From $1,600 to $1 Million: Research Costs Under MiFID II
(Bloomberg) -- How much does investment research cost? Anything from $1,600 to $1 million per client on average.
That’s the range of annual payments institutional investors doled out to providers, according to a new survey by U.S. consulting firm Integrity Research Associates LLC. The study sheds light on the black box that is research pricing, after 2018’s European regulations known as MiFID II forced investors to unbundle such payments from trading fees.
The survey shows research shops in Europe are making less than peers elsewhere, adding to signs the new rules have shrunk budgets for stock and bond analysis. Having opted to pay for research out of their own pockets rather than clients’, asset management firms in the region are squeezing providers for every penny. While there’s often a set price for reading reports, everything else -- analyst calls, bespoke financial modeling, conferences -- is mostly up for negotiation, leading to a wide range of costs.
“In the end the explicit pricing only came to the entry fee and the written research,” Sanford Bragg, principal at Integrity Research, said in a phone interview. “It really still is a function of that negotiation, and obviously the trend since the global financial crisis has been for the buy side to pay less.”
Europe’s experience is especially relevant as U.S. regulators also field growing calls for similar rules designed to make fees more transparent. The survey also shows banks get bigger checks overall from clients than independent research providers, lending credence to the argument that unbundling has put the latter at a disadvantage.
Here are other highlights from the global survey, which polled 141 providers in the third quarter:
The survey adds to signs that MiFID II has put pressure on the amount European research providers charge clients. The median average payment in that region was $25,000, about 40 percent lower than in North America and 29 percent lower than in Asia.
Among a variety of fee structures, the subscription model is gaining favor. Eighty-seven percent of respondents charged for subscriptions, compared with 60 percent in Integrity’s early 2017 survey before MiFID II took effect. But that’s not how the banks make big money. While subscriptions are typically for written research, the most valuable clients paid variable fees for so-called “high touch services” such as analyst access, according to Integrity.
Many providers still use a “price taking” approach that lets the buy side determine prices. Some charge fees by the hour or project.

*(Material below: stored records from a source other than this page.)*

-- ===== src/Containers/Members.antt =====
-- Membership in the lists that the filters build.
use mathlib.Core.Logic.{∥∥₁_elim, ∥∥₁_map}
use mathlib.Core.Logic.Or
use mathlib.Core.List.{Mem, Mem-prop, mem-cons, mem-cons_self, mem-cons_of_mem, not-mem-nil}
use mathlib.Core.HLevel.{×_prop}
use kubernetes_images_sync_o.Base.{
  ◌≡◌, ◌↔◌, ap, Bool, true, inl, inr, Bool-cases, List, [], ◌∷◌, not, arith, any, keep,
}
use mathlib.Core.Bool.{Bool-set}

module _ {ℓ} {A : Type ℓ} (p : A → Bool) where
  pub mem-keep : (xs : List A) (a : A) → Mem a (keep p xs) ↔ (Mem a xs × (p a ≡ true))
  unfolding keep
  mem-keep [] a = ((λ m. absurd (not-mem-nil m)), λ m. absurd (not-mem-nil m.0))
  mem-keep (x ∷ xs) a = elim (Bool-cases (p x)) [
    | inl e ↦ rw e (
      (λ m.
          Or.elim (×_prop Mem-prop (Bool-set _ _)) (mem-cons.0 m)
            (λ q. (mem-cons.1 (Or.inl q), rw q e))
            (λ later. let (n, h) = (mem-keep xs a).0 later in (mem-cons_of_mem x n, h))),
      (λ (m, h).
          Or.elim Mem-prop (mem-cons.0 m) (λ q. mem-cons.1 (Or.inl q))
            (λ later. mem-cons_of_mem x ((mem-keep xs a).1 (later, h)))),
    )
    | inr e ↦ rw e (
      (λ m. let (n, h) = (mem-keep xs a).0 m in (mem-cons_of_mem x n, h)),
      (λ (m, h).
          Or.elim Mem-prop (mem-cons.0 m) (λ q. cc (ap p q))
            (λ later. (mem-keep xs a).1 (later, h))),
    )
  ]

  -- `any` finds an element that passes the test exactly when there is one.
  pub any_iff : (xs : List A) → (any p xs ≡ true) ↔ ∥ ((a : A) × Mem a xs × (p a ≡ true)) ∥₁
  unfolding any
  any_iff [] = ((λ h. cc), λ t. ∥∥₁_elim t (Bool-set _ _) (λ (a, m, h). absurd (not-mem-nil m)))
  any_iff (x ∷ xs) = (
    (λ h. elim (Bool-cases (p x)) [
      | inl e ↦ ∣ (x, mem-cons_self, e) ∣₁
      | inr e ↦ ∥∥₁_map ((any_iff xs).0 (ground arith)) (λ (a, m, q). (a, mem-cons_of_mem x m, q))
    ]),
    (λ t. ∥∥₁_elim t (Bool-set _ _) λ (a, m, h).
        Or.elim (Bool-set _ _) (mem-cons.0 m) (λ q. rw (← q, h))
          (λ later. let r = (any_iff xs).1 ∣ (a, later, h) ∣₁ in ground arith)),
  )

pub not_iff : (b : Bool) → (not b ≡ true) ↔ (¬ (b ≡ true))
not_iff b = ground arith
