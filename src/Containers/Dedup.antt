-- ===== src/Containers/Dedup.antt =====
-- `RemoveDuplicates` keeps the first occurrence of every container.
use mathlib.Core.Logic.Or
use mathlib.Core.List.{Mem, Mem-prop, mem-cons, mem-cons_of_mem, Nodup, Nodup-nil, Nodup-cons}
use kubernetes_images_sync_o.Base.{
  ◌≡◌, ◌↔◌, refl, sym, ap, ◌∙◌, Bool, true, not, ◌&&◌, inl, inr, Bool-cases, List, [], ◌∷◌, ◌++◌,
  append_assoc, append-nil, arith, any, keep,
}
use kubernetes_images_sync_o.Text.Laws.{text_eq_iff}
use kubernetes_images_sync_o.Containers.{
  Container, ContainersList, container_eq, dedup_loop, remove_duplicates,
}
use kubernetes_images_sync_o.Containers.Members.{mem-keep}

pub container_eq_iff : (c d : Container) → (container_eq c d ≡ true) ↔ (c ≡ d)
unfolding container_eq
container_eq_iff c d = ground (
  arith,
  text_eq_iff c.image d.image,
  text_eq_iff c.tag d.tag,
  text_eq_iff c.sha d.sha,
  text_eq_iff c.full_name d.full_name,
  text_eq_iff c.image_namespace d.image_namespace,
)

-- The list without the later copies of each element.
pub first_occurrences : ContainersList → ContainersList
first_occurrences [] = []
first_occurrences (c ∷ cs) = c ∷ keep (λ d. not (container_eq d c)) (first_occurrences cs)

abbrev unseen : ContainersList → Container → Bool
unseen encountered d = not (any (container_eq d) encountered)

module _ {ℓ} {A : Type ℓ} where
  keep-keep :
      (p q r : A → Bool) (xs : List A)
      → ((a : A) → (q a && p a) ≡ r a)
      → keep p (keep q xs) ≡ keep r xs
  unfolding keep
  keep-keep p q r [] h = refl
  keep-keep p q r (x ∷ xs) h = ground (arith, keep-keep p q r xs h, h x)

module _ (encountered : ContainersList) (c : Container) where
  skip_seen :
      any (container_eq c) encountered ≡ true
      → (d : Container) → (not (container_eq d c) && unseen encountered d) ≡ unseen encountered d
  skip_seen e d = elim (Bool-cases (container_eq d c)) [
    | inl same ↦ rw same (sym (rw ((container_eq_iff d c).0 same) (ap not e)))
    | inr other ↦ rw other
  ]

  skip_new :
      (d : Container)
      → (not (container_eq d c) && unseen encountered d) ≡ unseen (c ∷ encountered) d
  unfolding any
  skip_new d = ground arith

dedup_loop_lem :
    (encountered result cs : ContainersList)
    → dedup_loop encountered result cs ≡ result ++ keep (unseen encountered) (first_occurrences cs)
unfolding dedup_loop first_occurrences keep
dedup_loop_lem encountered result [] = sym (append-nil result)
dedup_loop_lem encountered result (c ∷ cs) = elim (Bool-cases (any (container_eq c) encountered)) [
  | inl seen ↦
      rw (seen, dedup_loop_lem encountered result cs)
        (ap (λ t. result ++ t)
          (sym (keep-keep _ _ _ (first_occurrences cs) (skip_seen encountered c seen))))
  | inr new ↦
      rw (new, dedup_loop_lem (c ∷ encountered) (result ++ c ∷ []) cs, append_assoc)
        (ap (λ t. result ++ c ∷ t)
          (sym (keep-keep _ _ _ (first_occurrences cs) (skip_new encountered c))))
]

keep_all : (cs : ContainersList) → keep (unseen []) cs ≡ cs
unfolding keep any
keep_all [] = refl
keep_all (c ∷ cs) = ap (λ t. c ∷ t) (keep_all cs)

-- `RemoveDuplicates` returns the first occurrence of each container, in the order of the list.
pub remove_duplicates-eq-first_occurrences :
    (cs : ContainersList) → remove_duplicates cs ≡ first_occurrences cs
unfolding remove_duplicates
remove_duplicates-eq-first_occurrences cs =
    dedup_loop_lem [] [] cs ∙ keep_all (first_occurrences cs)

-- Filtering keeps a list free of duplicates.
Nodup-keep {ℓ} : {A : Type ℓ} (p : A → Bool) (xs : List A) → Nodup xs → Nodup (keep p xs)
unfolding keep
Nodup-keep p [] h = h
Nodup-keep p (x ∷ xs) h =
    let (new, rest) = Nodup-cons.0 h in
    elim (Bool-cases (p x)) [
      | inl e ↦ rw e (Nodup-cons.1 ((λ m. new ((mem-keep p xs x).0 m).0), Nodup-keep p xs rest))
      | inr e ↦ rw e (Nodup-keep p xs rest)
    ]

not-mem-keep :
    (c : Container) (cs : ContainersList) → ¬ Mem c (keep (λ d. not (container_eq d c)) cs)
not-mem-keep c cs m =
    let (n, h) = (mem-keep _ cs c).0 m in let same = (container_eq_iff c c).1 refl in ground arith

Nodup-first_occurrences : (cs : ContainersList) → Nodup (first_occurrences cs)
unfolding first_occurrences
Nodup-first_occurrences [] = Nodup-nil
Nodup-first_occurrences (c ∷ cs) =
    Nodup-cons.1 (not-mem-keep c _, Nodup-keep _ _ (Nodup-first_occurrences cs))

mem-first_occurrences :
    (cs : ContainersList) (a : Container) → Mem a (first_occurrences cs) ↔ Mem a cs
unfolding first_occurrences
mem-first_occurrences [] a = ((λ m. m), (λ m. m))
mem-first_occurrences (c ∷ cs) a = (
  (λ m.
      Or.elim Mem-prop (mem-cons.0 m) (λ e. mem-cons.1 (Or.inl e))
        (λ later. mem-cons_of_mem c ((mem-first_occurrences cs a).0 ((mem-keep _ _ a).0 later).0))),
  (λ m.
      Or.elim Mem-prop (mem-cons.0 m) (λ e. mem-cons.1 (Or.inl e))
        (λ later. elim (Bool-cases (container_eq a c)) [
          | inl same ↦ mem-cons.1 (Or.inl ((container_eq_iff a c).0 same))
          | inr other ↦
              mem-cons_of_mem c
                ((mem-keep _ _ a).1 ((mem-first_occurrences cs a).1 later, ap not other))
        ])),
)

-- `RemoveDuplicates` returns each container of the list, once, and no other.
pub remove_duplicates_lem :
    (cs : ContainersList)
    → Nodup (remove_duplicates cs) × ((a : Container) → Mem a (remove_duplicates cs) ↔ Mem a cs)
remove_duplicates_lem cs =
    rw remove_duplicates-eq-first_occurrences (Nodup-first_occurrences cs, mem-first_occurrences cs)
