-- ===== src/Containers/Filters.antt =====
-- What each filter keeps, said without its loop.
use mathlib.Core.Logic.{∥∥₁_elim, ∥∥₁_map}
use mathlib.Core.Logic.Or
use mathlib.Core.HLevel.{×_prop}
use mathlib.Core.List.{Mem, Mem-prop, mem-cons, mem-cons_of_mem, mem-append, not-mem-nil}
use kubernetes_images_sync_o.Base.{
  ℕ, ◌≡◌, ◌↔◌, refl, sym, ap, ◌∙◌, subst, true, inl, inr, Bool-cases, List, [], ◌∷◌, any,
}
use kubernetes_images_sync_o.Text.{Text, text_eq, to_lower}
use kubernetes_images_sync_o.Text.Laws.{text_eq_iff, Occurs, contains_iff}
use kubernetes_images_sync_o.Containers.{
  Container, ContainersList, matches_any, remove_excluded_images, include_only_images, appended_for,
  filter_only_from_namespaces, filter_out_whole_namespaces,
}
use kubernetes_images_sync_o.Containers.Members.{mem-keep, any_iff, not_iff}

-- The lower-case image name has the lower-case form of one of the patterns in it.
abbrev pub Matches : (ℕ → ℕ) → List Text → Container → Type 0
Matches unicode_lower patterns c = ∥ (
    (p : Text) × Mem p patterns
    × Occurs (to_lower unicode_lower p) (to_lower unicode_lower c.image)) ∥₁

matches_any_iff :
    (unicode_lower : ℕ → ℕ) (patterns : List Text) (c : Container)
    → (matches_any unicode_lower patterns c ≡ true) ↔ Matches unicode_lower patterns c
unfolding matches_any
matches_any_iff unicode_lower patterns c = (
  (λ h. ∥∥₁_map ((any_iff _ patterns).0 h) (λ (p, m, q). (p, m, (contains_iff _ _).0 q))),
  (λ t. (any_iff _ patterns).1 (∥∥₁_map t (λ (p, m, q). (p, m, (contains_iff _ _).1 q)))),
)

module _ (unicode_lower : ℕ → ℕ) (cs : ContainersList) (patterns : List Text) (c : Container) where
  pub mem-include_only_images :
      Mem c (include_only_images unicode_lower cs patterns)
      ↔ (Mem c cs × Matches unicode_lower patterns c)
  unfolding include_only_images
  mem-include_only_images = (
    (λ m.
        let (n, h) = (mem-keep _ cs c).0 m in (n, (matches_any_iff unicode_lower patterns c).0 h)),
    (λ (n, h). (mem-keep _ cs c).1 (n, (matches_any_iff unicode_lower patterns c).1 h)),
  )

  pub mem-remove_excluded_images :
      Mem c (remove_excluded_images unicode_lower cs patterns)
      ↔ (Mem c cs × (¬ Matches unicode_lower patterns c))
  unfolding remove_excluded_images
  mem-remove_excluded_images = (
    (λ m.
        let (n, h) = (mem-keep _ cs c).0 m in
        (n, λ t. (not_iff _).0 h ((matches_any_iff unicode_lower patterns c).1 t))),
    (λ (n, h).
        (mem-keep _ cs c).1
          (n, (not_iff _).1 (λ t. h ((matches_any_iff unicode_lower patterns c).0 t)))),
  )

any-text_eq_iff : (t : Text) (ts : List Text) → (any (text_eq t) ts ≡ true) ↔ Mem t ts
any-text_eq_iff t ts = (
  (λ h.
      ∥∥₁_elim ((any_iff _ ts).0 h) Mem-prop
        (λ (u, m, e). subst (λ x. Mem x ts) (sym ((text_eq_iff t u).0 e)) m)),
  (λ m. (any_iff _ ts).1 ∣ (t, m, (text_eq_iff t t).1 refl) ∣₁),
)

pub mem-filter_out_whole_namespaces :
    (cs : ContainersList) (namespaces : List Text) (c : Container)
    → Mem c (filter_out_whole_namespaces cs namespaces)
      ↔ (Mem c cs × (¬ Mem c.image_namespace namespaces))
unfolding filter_out_whole_namespaces
mem-filter_out_whole_namespaces cs namespaces c = (
  (λ m.
      let (n, h) = (mem-keep _ cs c).0 m in
      (n, λ t. (not_iff _).0 h ((any-text_eq_iff _ namespaces).1 t))),
  (λ (n, h). (mem-keep _ cs c).1 (n, (not_iff _).1 (λ t. h ((any-text_eq_iff _ namespaces).0 t)))),
)

module _ (d : Container) (c : Container) where
  mem-appended_for_sound :
      (namespaces : List Text)
      → Mem c (appended_for d namespaces)
      → Mem c (d ∷ []) × Mem c.image_namespace namespaces
  unfolding appended_for
  mem-appended_for_sound [] m = absurd (not-mem-nil m)
  mem-appended_for_sound (n ∷ namespaces) m = elim (Bool-cases (text_eq d.image_namespace n)) [
    | inl e ↦
        Or.elim (×_prop Mem-prop Mem-prop) (mem-cons.0 (rw e at m))
          (λ q. (
            mem-cons.1 (Or.inl q),
            mem-cons.1
                (Or.inl (ap (λ (x : Container). x.image_namespace) q ∙ (text_eq_iff _ n).0 e)),
          ))
          (λ later.
            let (one, ns) = mem-appended_for_sound namespaces later in (one, mem-cons_of_mem n ns))
    | inr e ↦
        let (one, ns) = mem-appended_for_sound namespaces (rw e at m) in (one, mem-cons_of_mem n ns)
  ]

  mem-appended_for_complete :
      (namespaces : List Text)
      → c ≡ d
      → Mem c.image_namespace namespaces
      → Mem c (appended_for d namespaces)
  unfolding appended_for
  mem-appended_for_complete [] q m = absurd (not-mem-nil m)
  mem-appended_for_complete (n ∷ namespaces) q m = elim (Bool-cases (text_eq d.image_namespace n)) [
    | inl e ↦ rw e (mem-cons.1 (Or.inl q))
    | inr e ↦ rw e (
        Or.elim Mem-prop (mem-cons.0 m)
          (λ same. cc (
            e,
            (text_eq_iff d.image_namespace n).1
                (sym (ap (λ (x : Container). x.image_namespace) q) ∙ same),
          ))
          (mem-appended_for_complete namespaces q))
  ]

module _ (namespaces : List Text) (c : Container) where
  pub mem-filter_only_from_namespaces :
      (cs : ContainersList)
      → Mem c (filter_only_from_namespaces cs namespaces)
        ↔ (Mem c cs × Mem c.image_namespace namespaces)
  unfolding filter_only_from_namespaces
  mem-filter_only_from_namespaces [] =
      ((λ m. absurd (not-mem-nil m)), λ m. absurd (not-mem-nil m.0))
  mem-filter_only_from_namespaces (d ∷ cs) = (
    (λ m.
        Or.elim (×_prop Mem-prop Mem-prop) (mem-append.0 m)
          (λ here.
            let (one, ns) = mem-appended_for_sound d c namespaces here in
            (
              Or.elim Mem-prop (mem-cons.0 one) (λ q. mem-cons.1 (Or.inl q))
                  (λ none. absurd (not-mem-nil none)),
              ns,
            ))
          (λ later.
            let (n, ns) = (mem-filter_only_from_namespaces cs).0 later in
            (mem-cons_of_mem d n, ns))),
    (λ (m, ns).
        Or.elim Mem-prop (mem-cons.0 m)
          (λ q. mem-append.1 (Or.inl (mem-appended_for_complete d c namespaces q ns)))
          (λ later. mem-append.1 (Or.inr ((mem-filter_only_from_namespaces cs).1 (later, ns))))),
  )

Independents vs Investment Banks
Independent research providers have urged regulators to crack down on “predatory pricing” from investment banks. The survey shows banks charge a median subscription fee of $14,000, compared with $30,500 for independent shops. Still, banks got bigger checks from clients across a broader range of services: their median maximum payment stands at $300,000 per client, double that for independents. Under MiFID II, many banks are using cheap research reports to lure clients to pricier services, Bragg said.
Median responses show 60 percent of research revenue was paid in cash, 30 percent in commission sharing agreements and 10 percent from directed commissions.
How much does it cost to talk to an analyst? Anything from $100 to $5,000 per hour. For events, it’s $100 to $100,000.
On the cheaper end, there’s technical and macro research. On the high end, there’s quantitative research and alternative data. Those charging for their macroeconomic insights might be at a disadvantage because MiFID II allows free research as long as it’s publicly available, and many European banks have chosen to give away macro reports for free, according to Integrity.